═══ DATA FOR THE TASK ═══

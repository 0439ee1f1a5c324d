-- ===== src/HexdumpToByteStream.antt =====
-- src/Util/HexdumpToByteStream.cpp: the dump of a buffer. `buf` is the list of the bytes that may be
-- read; what is put into `output`, and the sum of what the calls of `printf` return, are the state.
pub mod Cells
pub mod Rows
pub mod Endless
use slirp4tinc.Prelude.{
  ℕ, zero, suc, ◌+◌, ◌%◌, ◌^◌, Bool, true, false, List, [], ◌∷◌, ◌++◌, if◌then◌else◌, ltb,
  get_elem?,
}
use slirp4tinc.Prelude.Run.{Run, ok, blocked, deref, ◌>>=◌}
use slirp4tinc.PrintfToStream.{Printed}
use slirp4tinc.PrintfToStream.Float.{Doubles}
use slirp4tinc.PrintfToStream.Format.{Argument, int_argument, long_argument, Arguments, vprintf}

module _ {D : Type 0} (doubles : Doubles D) (isprint : ℕ → Bool) (buf : List ℕ) (dumplen : ℕ) where
  -- `count += ...`, where `count` is `unsigned`
  abbrev pub add_count : Printed → Printed → Printed
  add_count (count, out) (n, more) = ((count + n) % 2 ^ 32, out ++ more)

  -- `count += fio.printf(format, ...)`
  pub count_printf : List ℕ → Arguments doubles → Printed → Run Printed
  count_printf format args o = do p ← vprintf doubles format args; ok (add_count o p)

  -- A cell: "%02x ", or "   " behind the last byte.
  pub hex_cell : ℕ → Printed → Run Printed
  unfolding count_printf
  hex_cell k o =
      if ltb k dumplen
      then (do
        b ← deref (get_elem? buf k)
        count_printf (37 ∷ 48 ∷ 50 ∷ 120 ∷ 32 ∷ []) (int_argument b ∷ []) o)
      else count_printf (32 ∷ 32 ∷ 32 ∷ []) [] o

  -- The character of a byte, by "%c"; nothing behind the last byte. The character 46 is '.'.
  pub char_cell : ℕ → Printed → Run Printed
  unfolding count_printf
  char_cell k o =
      if ltb k dumplen
      then (do
        b ← deref (get_elem? buf k)
        count_printf (37 ∷ 99 ∷ []) (int_argument (if isprint b then b else 46) ∷ []) o)
      else ok o

  -- A loop over `j`, of which `n` passes are left.
  pub cell_loop : (ℕ → Printed → Run Printed) → ℕ → ℕ → ℕ → Printed → Run Printed
  cell_loop cell zero i j o = ok o
  cell_loop cell (suc n) i j o = do o' ← cell ((i + j) % 2 ^ 32) o; cell_loop cell n i (j + 1) o'

  -- The body of the loop over `i`: "%08lx: ", the bytes, " ", the characters and "\n".
  pub dump_row : ℕ → ℕ → Printed → Run Printed
  unfolding count_printf hex_cell char_cell cell_loop
  dump_row base_addr i o = do
    o1 ←
        count_printf (37 ∷ 48 ∷ 56 ∷ 108 ∷ 120 ∷ 58 ∷ 32 ∷ [])
          (long_argument ((base_addr + i) % 2 ^ 64) ∷ []) o
    o2 ← cell_loop hex_cell 16 i 0 o1
    o3 ← count_printf (32 ∷ []) [] o2
    o4 ← cell_loop char_cell 16 i 0 o3
    count_printf (10 ∷ []) [] o4

  -- The loop over `i`, which is `unsigned`; without fuel it has not returned.
  pub dump_loop : ℕ → ℕ → ℕ → Printed → Run Printed
  unfolding dump_row
  dump_loop zero base_addr i o = blocked
  dump_loop (suc fuel) base_addr i o =
      let rest = do o' ← dump_row base_addr i o; dump_loop fuel base_addr ((i + 16) % 2 ^ 32) o'
      in if ltb i dumplen then rest else ok o

  -- `hexdumpToByteStream(output, buf, baseAddr, dumplen)`
  pub hexdump_to_byte_stream : ℕ → ℕ → Run Printed
  unfolding dump_loop
  hexdump_to_byte_stream fuel base_addr = dump_loop fuel base_addr 0 (0, [])
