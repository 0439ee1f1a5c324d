-- ===== src/PrintfToStream/Padding.antt =====
-- What `prints` makes of a string and a width.
use mathlib.Core.List.{append-nil, append_assoc}
use slirp4tinc.Prelude.{
  ℕ, zero, suc, ◌+◌, ◌-◌, ◌^◌, ◌<◌, ◌≡◌, ap, sym, ◌∙◌, List, [], ◌∷◌, ◌++◌, arith, if◌then◌else◌,
  leb, length, replicate, Bool-cases, inl, inr,
}
use slirp4tinc.PrintfToStream.{
  Printed, put_padding, put_string, padding_char, padding_width, has_flag, pad_right, pad_zero,
  prints,
}

pub printed-eq : {a b : ℕ} {l m : List ℕ} → a ≡ b → l ≡ m → ◌≡◌ {A = Printed} (a, l) (b, m)
printed-eq e f = cc

put_padding_lem :
    (width c pc : ℕ) (out : List ℕ)
    → pc + width < 2 ^ 32
    → put_padding width c (pc, out) ≡ (pc + width, out ++ replicate width c)
unfolding put_padding
put_padding_lem zero c pc out h = printed-eq (omega arith) (sym (append-nil out))
put_padding_lem (suc width) c pc out h =
    ap (λ (k : ℕ). put_padding width c (k, out ++ c ∷ [])) (omega (arith, h))
    ∙ put_padding_lem width c (pc + 1) (out ++ c ∷ []) (omega (arith, h))
    ∙ printed-eq (omega arith) (append_assoc out (c ∷ []) (replicate width c))

put_string_lem :
    (string : List ℕ) (pc : ℕ) (out : List ℕ)
    → pc + length string < 2 ^ 32
    → put_string string (pc, out) ≡ (pc + length string, out ++ string)
unfolding put_string
put_string_lem [] pc out h = printed-eq (omega arith) (sym (append-nil out))
put_string_lem (c ∷ string) pc out h =
    ap (λ (k : ℕ). put_string string (k, out ++ c ∷ [])) (omega (arith, h))
    ∙ put_string_lem string (pc + 1) (out ++ c ∷ []) (omega (arith, h))
    ∙ printed-eq (omega arith) (append_assoc out (c ∷ []) string)

-- A string padded to a width: with zeros if the flag for it is set, and with blanks otherwise.
abbrev pub fill : ℕ → ℕ → List ℕ
fill n pad = replicate n (if has_flag pad pad_zero then 48 else 32)

abbrev pub padded : List ℕ → ℕ → ℕ → List ℕ
padded string width pad =
    if has_flag pad pad_right
    then string ++ fill (width - length string) pad
    else fill (width - length string) pad ++ string

width-eq : (string : List ℕ) (width : ℕ) → padding_width string width ≡ width - length string
width-eq string width = ground arith

fill-eq :
    (string : List ℕ) (width pad : ℕ)
    → replicate (padding_width string width) (padding_char width pad)
      ≡ fill (width - length string) pad
fill-eq string zero pad =
    let none : padding_width string 0 ≡ 0 = ground arith in
    let less : 0 - length string ≡ 0 = omega arith in
    ap (λ (k : ℕ). replicate k (padding_char 0 pad)) none ∙ ap (λ (k : ℕ). fill k pad) (sym less)
fill-eq string (suc width) pad =
    let char : padding_char (suc width) pad ≡ (if has_flag pad pad_zero then 48 else 32) =
      ground arith in
    ap (λ (k : ℕ). replicate k (padding_char (suc width) pad)) (width-eq string (suc width))
    ∙ ap (λ (c : ℕ). replicate (suc width - length string) c) char

-- If the length and the width are less than 2 ^ 32 together, `prints` puts the string, padded to
-- the width on the side that the flags say, and returns the number of characters that it put.
pub prints_lem :
    (string : List ℕ) (width pad : ℕ)
    → length string + width < 2 ^ 32
    → prints string width pad
      ≡ (if leb width (length string) then length string else width, padded string width pad)
unfolding prints
prints_lem string width pad h = elim (Bool-cases (has_flag pad pad_right)) [
  | inl e ↦ rw e (
      ap (put_padding (padding_width string width) (padding_char width pad))
        (put_string_lem string 0 [] (omega (arith, h)))
      ∙ put_padding_lem (padding_width string width) (padding_char width pad) (0 + length string)
          ([] ++ string) (ground (arith, h))
      ∙ printed-eq (ground arith) (ap (λ (l : List ℕ). string ++ l) (fill-eq string width pad)))
  | inr e ↦ rw e (
      ap (put_string string) (
        put_padding_lem (padding_width string width) (padding_char width pad) 0 []
          (ground (arith, h)))
      ∙ put_string_lem string (0 + padding_width string width)
          ([] ++ replicate (padding_width string width) (padding_char width pad))
          (ground (arith, h))
      ∙ printed-eq (ground arith) (ap (λ (l : List ℕ). l ++ string) (fill-eq string width pad)))
]
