-- ===== src/PrintfToStream/Digits.antt =====
-- The digits that `printi` makes of a number.
use slirp4tinc.Prelude.{
  ℕ, zero, suc, ◌+◌, ◌-◌, ◌*◌, ◌/◌, ◌%◌, ◌^◌, ◌≤◌, ◌<◌, ◌≡◌, refl, ap, sym, ◌∙◌, ◌⊎◌, true, false,
  List, [], ◌∷◌, ◌++◌, replicate, arith, ◌==◌, if◌then◌else◌, ltb, Bool-cases, inl, inr, ==→eq,
  ne→==, length,
}
use mathlib.Core.Path.{subst}
use native.Mathlib.Numerals.{unary_clauses}
use slirp4tinc.Prelude.Run.{ok}
use slirp4tinc.PrintfToStream.{
  has_flag, pad_zero, pad_plus, pad_long, printi, magnitude, finish, prints, digits, digit_char,
  buffer_space,
}

-- What a digit's character stands for.
abbrev pub digit_value : ℕ → ℕ → ℕ
digit_value letter_base c = if ltb c 58 then c - 48 else c + 10 - letter_base

-- A number read from its digits, the first of which is the most significant one.
abbrev pub read_digits : ℕ → ℕ → ℕ → List ℕ → ℕ
read_digits base letter_base v [] = v
read_digits base letter_base v (c ∷ s) =
    read_digits base letter_base (v * base + digit_value letter_base c) s

-- Zeros in front of digits do not change the number that is read.
pub read-zeros :
    (base n : ℕ) (s : List ℕ)
    → read_digits base 97 0 (replicate n 48 ++ s) ≡ read_digits base 97 0 s
read-zeros base zero s = refl
read-zeros base (suc n) s =
    let nothing : 0 * base + 0 ≡ 0 = omega arith in
    ap (λ (v : ℕ). read_digits base 97 v (replicate n 48 ++ s)) nothing ∙ read-zeros base n s

pub power : (n : ℕ) → 10 ^ suc n ≡ 10 * 10 ^ n
power n = simp unary_clauses (omega arith)

module _ (base letter_base : ℕ) (is_base : (base ≡ 10) ⊎ (base ≡ 16))
    (letters : 58 ≤ letter_base) where
  pub shorter : (u k : ℕ) → u < 10 * k → u / base < k
  shorter u k h = elim is_base [ inl e ↦ rw e (omega (arith, h)) | inr e ↦ rw e (omega (arith, h)) ]

  put_together :
      (u : ℕ) → u / base * base + digit_value letter_base (digit_char letter_base (u % base)) ≡ u
  put_together u = elim is_base [
    | inl e ↦ rw e (ground (arith, letters))
    | inr e ↦ rw e (ground (arith, letters))
  ]

  digits_lem :
      (space u : ℕ) (s : List ℕ)
      → u < 10 ^ space
      → (left : ℕ) × (out : List ℕ) × (digits base letter_base space u s ≡ ok (left, out))
        × (read_digits base letter_base 0 out ≡ read_digits base letter_base u s)
  unfolding digits
  digits_lem zero u s h =
      let none : u ≡ 0 = omega (arith, h) in
      (0, s, rw none, ap (λ (k : ℕ). read_digits base letter_base k s) (sym none))
  digits_lem (suc space) u s h = elim (Bool-cases (u == 0)) [
    | inl e ↦
        (suc space, s, rw e, ap (λ (k : ℕ). read_digits base letter_base k s) (sym (==→eq u 0 e)))
    | inr e ↦
        let (left, out, same, value) =
          digits_lem space (u / base) (digit_char letter_base (u % base) ∷ s)
            (shorter u (10 ^ space) (omega (arith, h, power space))) in
        (
          left,
          out,
          rw e same,
          value ∙ ap (λ (k : ℕ). read_digits base letter_base k s) (put_together u),
        )
  ]

  digits_room :
      (space u : ℕ) (s : List ℕ) (left : ℕ) (out : List ℕ)
      → digits base letter_base space u s ≡ ok (left, out)
      → digits base letter_base (suc space) u s ≡ ok (suc left, out)
  unfolding digits
  digits_room zero u s left out e = ground (arith, e)
  digits_room (suc space) u s left out e =
      ground
        (arith, e, digits_room space (u / base) (digit_char letter_base (u % base) ∷ s) left out)

  digits-length :
      (space u : ℕ) (s : List ℕ) (left : ℕ) (out : List ℕ)
      → digits base letter_base space u s ≡ ok (left, out)
      → left + length out ≡ space + length s
  unfolding digits
  digits-length zero u s left out e = ground (arith, e)
  digits-length (suc space) u s left out e =
      ground
        (arith, e, digits-length space (u / base) (digit_char letter_base (u % base) ∷ s) left out)

  -- Every 64-bit number has digits in base 10 and in base 16 that fit into the buffer of `printi`
  -- and leave room for a sign, and, if the letter for ten is no digit, the number can be read back
  -- from them. They are at most 20.
  pub digits_read :
      (u : ℕ)
      → u < 2 ^ 64
      → (left : ℕ) × (out : List ℕ) × (digits base letter_base buffer_space u []
          ≡ ok (suc left, out))
        × (read_digits base letter_base 0 out ≡ u)
        × (length out ≤ 20)
  digits_read u h =
      let (left, out, same, value) = digits_lem 20 u [] (omega (arith, h)) in
      (
        left,
        out,
        digits_room 20 u [] left out same,
        value,
        omega (arith, digits-length 20 u [] left out same),
      )

module _ (pad : ℕ) (long : has_flag pad pad_long ≡ false) where
  magnitude_positive : (n : ℕ) → n < 2 ^ 31 → magnitude n true pad ≡ ok (false, n)
  unfolding magnitude
  magnitude_positive n less = rw long (ground (arith, less))

  magnitude_negative : (n : ℕ) → 0 < n → n < 2 ^ 31 → magnitude (2 ^ 64 - n) true pad ≡ ok (true, n)
  unfolding magnitude
  magnitude_negative n more less = rw long (ground (arith, more, less))

pub finish_positive :
    (width pad space : ℕ) (s : List ℕ)
    → has_flag pad pad_plus ≡ false
    → finish false width pad space s ≡ ok (prints s width pad)
unfolding finish
finish_positive width pad space s plus = rw plus

pub finish_negative :
    (width pad left : ℕ) (s : List ℕ)
    → has_flag pad pad_zero ≡ false
    → finish true width pad (suc left) s ≡ ok (prints (45 ∷ s) width pad)
unfolding finish
finish_negative width pad left s zeros = elim (Bool-cases (width == 0)) [
  | inl e ↦ rw e
  | inr e ↦ rw (e, zeros)
]

-- A text of decimal digits.
abbrev pub IsDigits : List ℕ → Type 0
IsDigits [] = Unit
IsDigits (c ∷ s) = (48 ≤ c) × (c < 58) × IsDigits s

pub digits-IsDigits :
    (space u : ℕ) (s : List ℕ) (left : ℕ) (out : List ℕ)
    → IsDigits s
    → digits 10 97 space u s ≡ ok (left, out)
    → IsDigits out
unfolding digits
digits-IsDigits zero u s left out before e =
    let same : s ≡ out = ground (arith, e) in subst IsDigits same before
digits-IsDigits (suc space) u s left out before e = elim (Bool-cases (u == 0)) [
  | inl h ↦
      let stopped : digits 10 97 (suc space) u s ≡ ok (suc space, s) = rw h refl in
      let same : s ≡ out = cc in subst IsDigits same before
  | inr h ↦
      let next : digits 10 97 (suc space) u s
          ≡ digits 10 97 space (u / 10) (digit_char 97 (u % 10) ∷ s) =
        rw h refl in
      digits-IsDigits space (u / 10) (digit_char 97 (u % 10) ∷ s) left out
        (ground arith, ground arith, before) (sym next ∙ e)
]

-- `printi` in base 10 of a positive `int` and of its negation, in any width, without the flags for
-- zeros, a plus sign and a `long`, and with a letter for ten that is no digit: both return, the
-- number is put as its digits, at most 20, from which it can be read back, and the negation as the same digits
-- behind a minus sign.
pub printi_decimal :
    (n width pad letter_base : ℕ)
    → 0 < n
    → n < 2 ^ 31
    → 58 ≤ letter_base
    → has_flag pad pad_zero ≡ false
    → has_flag pad pad_plus ≡ false
    → has_flag pad pad_long ≡ false
    → (s : List ℕ) × (read_digits 10 letter_base 0 s ≡ n)
      × (length s ≤ 20)
      × (printi n 10 true width pad letter_base ≡ ok (prints s width pad))
      × (printi (2 ^ 64 - n) 10 true width pad letter_base ≡ ok (prints (45 ∷ s) width pad))
unfolding printi
printi_decimal n width pad letter_base more less letters zeros plus long =
    let (left, s, same, value, short) =
      digits_read 10 letter_base (inl refl) letters n (omega (arith, less)) in
    (
      s,
      value,
      short,
      rw (
        ne→== n 0 (λ e. omega (arith, e, more)),
        magnitude_positive pad long n less,
        same,
        finish_positive width pad (suc left) s plus,
      ),
      rw (
        ne→== (2 ^ 64 - n) 0 (λ e. omega (arith, e, less)),
        magnitude_negative pad long n more less,
        same,
        finish_negative width pad left s zeros,
      ),
    )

═══

▶ **WHAT IS EXPECTED**:
Exact duplication is required for the lines above, from the line that contains "(long_argument ((base_addr +" to the line that contains "count_printf (10 ∷ []) [] o4", inclusive; omit all others.

▶ **OUTPUT OF THE TASK**:
          (long_argument ((base_addr + i) % 2 ^ 64) ∷ []) o
    o2 ← cell_loop hex_cell 16 i 0 o1
    o3 ← count_printf (32 ∷ []) [] o2
    o4 ← cell_loop char_cell 16 i 0 o3
    count_printf (10 ∷ []) [] o4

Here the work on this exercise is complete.